Тяжелая кадка поднялась кверху и стукнулась о крышку с такой силой, что, казалось, весь трюм разлетится вдребезги.
Но прежде чем я успел повернуть рычаг, кадка опять с грохотом понеслась вниз в шахту.
Внизу она подскочила со страшным гулом, уголь разлетелся по сторонам. Кочегар заорал, как одержимый, и в тот же момент наполовину пустая кадка снова помчалась кверху и в бешеном неистовстве ударилась во второй раз в крышку трюма, с лязгом и треском раскачиваясь по сторонам.

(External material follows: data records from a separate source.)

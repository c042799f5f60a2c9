-- ===== src/Deck/Life.antt =====
-- How a ship deck starts and stops: the constructor, the destructor and the endpoints of
-- src/server/Shipdeck.cpp.
use pirate_servers.Base.Integer.{ℤ}
use pirate_servers.Base.{
  String, ◌≡◌, inl, inr, Bool, true, false, Option, List, [], ◌∷◌, ◌++◌, arith,
}
use pirate_servers.Base.Outcome.{Outcome, Outcome-cases, ok, bound, ◌>>=◌}
use pirate_servers.Base.Map.{Map}
use pirate_servers.Defines.{CabinInfo, address}
use pirate_servers.Deck.{Deck, new_deck, Sent, to_control}
use pirate_servers.Deck.Workers.{
  ServerRound, ServicesRound, server_listener_step, server_listener_worker, services_listener_step,
  services_listener_worker,
}

pub data Socket : Type 0 where
  server_router cabins_router ships_pair control_pub : Socket

-- The sockets' endpoints, and which threads can be joined.
pub record Running : Type 0 where
  pub deck : Deck
  pub server_router_endpoint : String
  pub cabins_router_endpoint : String
  pub ships_pair_endpoint : String
  pub control_pub_endpoint : String
  pub server_listener_thread : Bool
  pub services_listener_thread : Bool
  pub users_input_thread : Bool

abbrev pub get_cabins_router_endpoint : Running → String
get_cabins_router_endpoint r = r.cabins_router_endpoint

abbrev pub get_ships_pair_endpoint : Running → String
get_ships_pair_endpoint r = r.ships_pair_endpoint

abbrev pub get_control_pub_endpoint : Running → String
get_control_pub_endpoint r = r.control_pub_endpoint

-- The constructor: the sockets are bound in this order, and then the threads begin. `bind` is what
-- the sockets library answers.
unfoldable pub ship_deck : (Socket → String → Option String) → String → ℤ → Outcome Running
ship_deck bind ship_server_name port = do
  server ← bound (bind server_router (address ship_server_name port))
  cabins ← bound (bind cabins_router "tcp://localhost:*")
  ships ← bound (bind ships_pair "tcp://localhost:*")
  control ← bound (bind control_pub "tcp://localhost:*")
  ok (record {
    deck = new_deck;
    server_router_endpoint = server;
    cabins_router_endpoint = cabins;
    ships_pair_endpoint = ships;
    control_pub_endpoint = control;
    server_listener_thread = true;
    services_listener_thread = true;
    users_input_thread = true;
  })

-- The destructor: the threads are told to end and joined.
unfoldable pub close_ship_deck : Running → Running × List Sent
close_ship_deck r =
    let stopped = record r.deck { alive = false } in
    (
      record r {
        deck = stopped;
        server_listener_thread = false;
        services_listener_thread = false;
        users_input_thread = false;
      },
      to_control ("" ∷ []) ∷ [],
    )

module _ (visit : Map CabinInfo → Map CabinInfo) where
  server_listener_ends :
      (before later : List ServerRound) (last : ServerRound) (d : Deck)
      → last.control ≡ true
      → server_listener_worker visit (before ++ (last ∷ later)) d
        ≡ server_listener_worker visit (before ++ (last ∷ [])) d
  unfolding server_listener_worker
  server_listener_ends [] later last d h = ground arith
  server_listener_ends (r ∷ before) later last d h =
      elim (Outcome-cases (server_listener_step visit r.server d)) [
        | inl (p, e) ↦ ground (arith, server_listener_ends before later last p.0 h)
        | inr (fault, e) ↦ ground arith
      ]

services_listener_ends :
    (before later : List ServicesRound) (last : ServicesRound) (d : Deck)
    → last.control ≡ true
    → services_listener_worker (before ++ (last ∷ later)) d
      ≡ services_listener_worker (before ++ (last ∷ [])) d
unfolding services_listener_worker
services_listener_ends [] later last d h = ground arith
services_listener_ends (r ∷ before) later last d h =
    elim (Outcome-cases (services_listener_step r d)) [
      | inl (p, e) ↦ ground (arith, services_listener_ends before later last p.0 h)
      | inr (fault, e) ↦ ground arith
    ]

-- A round in which the control socket is ready is the last one that a listener of the ship deck
-- handles: the rounds that would come later make no difference to the deck, to what is sent or to
-- a fault.
pub control_ends_listeners :
    (visit : Map CabinInfo → Map CabinInfo) (d : Deck) (before later : List ServerRound)
    (last : ServerRound) (before' later' : List ServicesRound) (last' : ServicesRound)
    → last.control ≡ true
    → last'.control ≡ true
    → (server_listener_worker visit (before ++ (last ∷ later)) d
        ≡ server_listener_worker visit (before ++ (last ∷ [])) d)
      × (services_listener_worker (before' ++ (last' ∷ later')) d
          ≡ services_listener_worker (before' ++ (last' ∷ [])) d)
control_ends_listeners visit d before later last before' later' last' h h' = (
  server_listener_ends visit before later last d h,
  services_listener_ends before' later' last' d h',
)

Уголь с ужасающим грохотом посыпался в шахту, ударяясь при падении о железные стены и усиливая грохот и гул еще больше, так, что казалось, весь корабль разлетится в щепки. Затем кадка снова понеслась вниз, но Станислав остановил ее, повернув рычаг.
Тогда она послушно стала на место, выражая всем своим видом, что она мертвое существо.
– Да, – сказал Станислав, – это не так-то просто. Этому надо поучиться, по крайней мере, две недели. Ступай-ка лучше вниз и подбрасывай уголь, а я останусь здесь у лебедки. Я покажу ее тебе завтра в обед, тогда ты лучше разберешься в этой чертовщине. Если лебедка разлетится к чертовой матери, нам придется выкачивать золу руками. А я не желаю этого ни тебе, ни мне.
– Дай-ка, я еще раз попробую, Лавский. Я скажу ей: «милостивая государыня», – быть может, тогда она послушает меня.
И я крикнул вниз:
– Давай!
– Держи! – послышалось в ответ.
Ну, госпожа графиня, давайте-ка попробуем.
Аллах ее знает, как она отдалась мне, отдалась так кротко и нежно. Мне казалось, что я знаю «Иорикку» лучше, чем ее шкипер. Лебедка принадлежала к тем частям «Иорикки», которые были в действии уже в ноевом ковчеге, она происходила еще из времен потопа. В этой паровой лебедке собрались все большие и маленькие духи, которые не нашли себе места в других частях и углах «Иорикки», так как их было слишком много. Поэтому лебедка имела свою ярко выраженную индивидуальность, и эта индивидуальность требовала к себе уважения. Станислав доказал свое уважение долгим упражнением и ловкостью рук, я должен был доказать его словами.
– Ваше королевское величество, еще разок, прошу вас.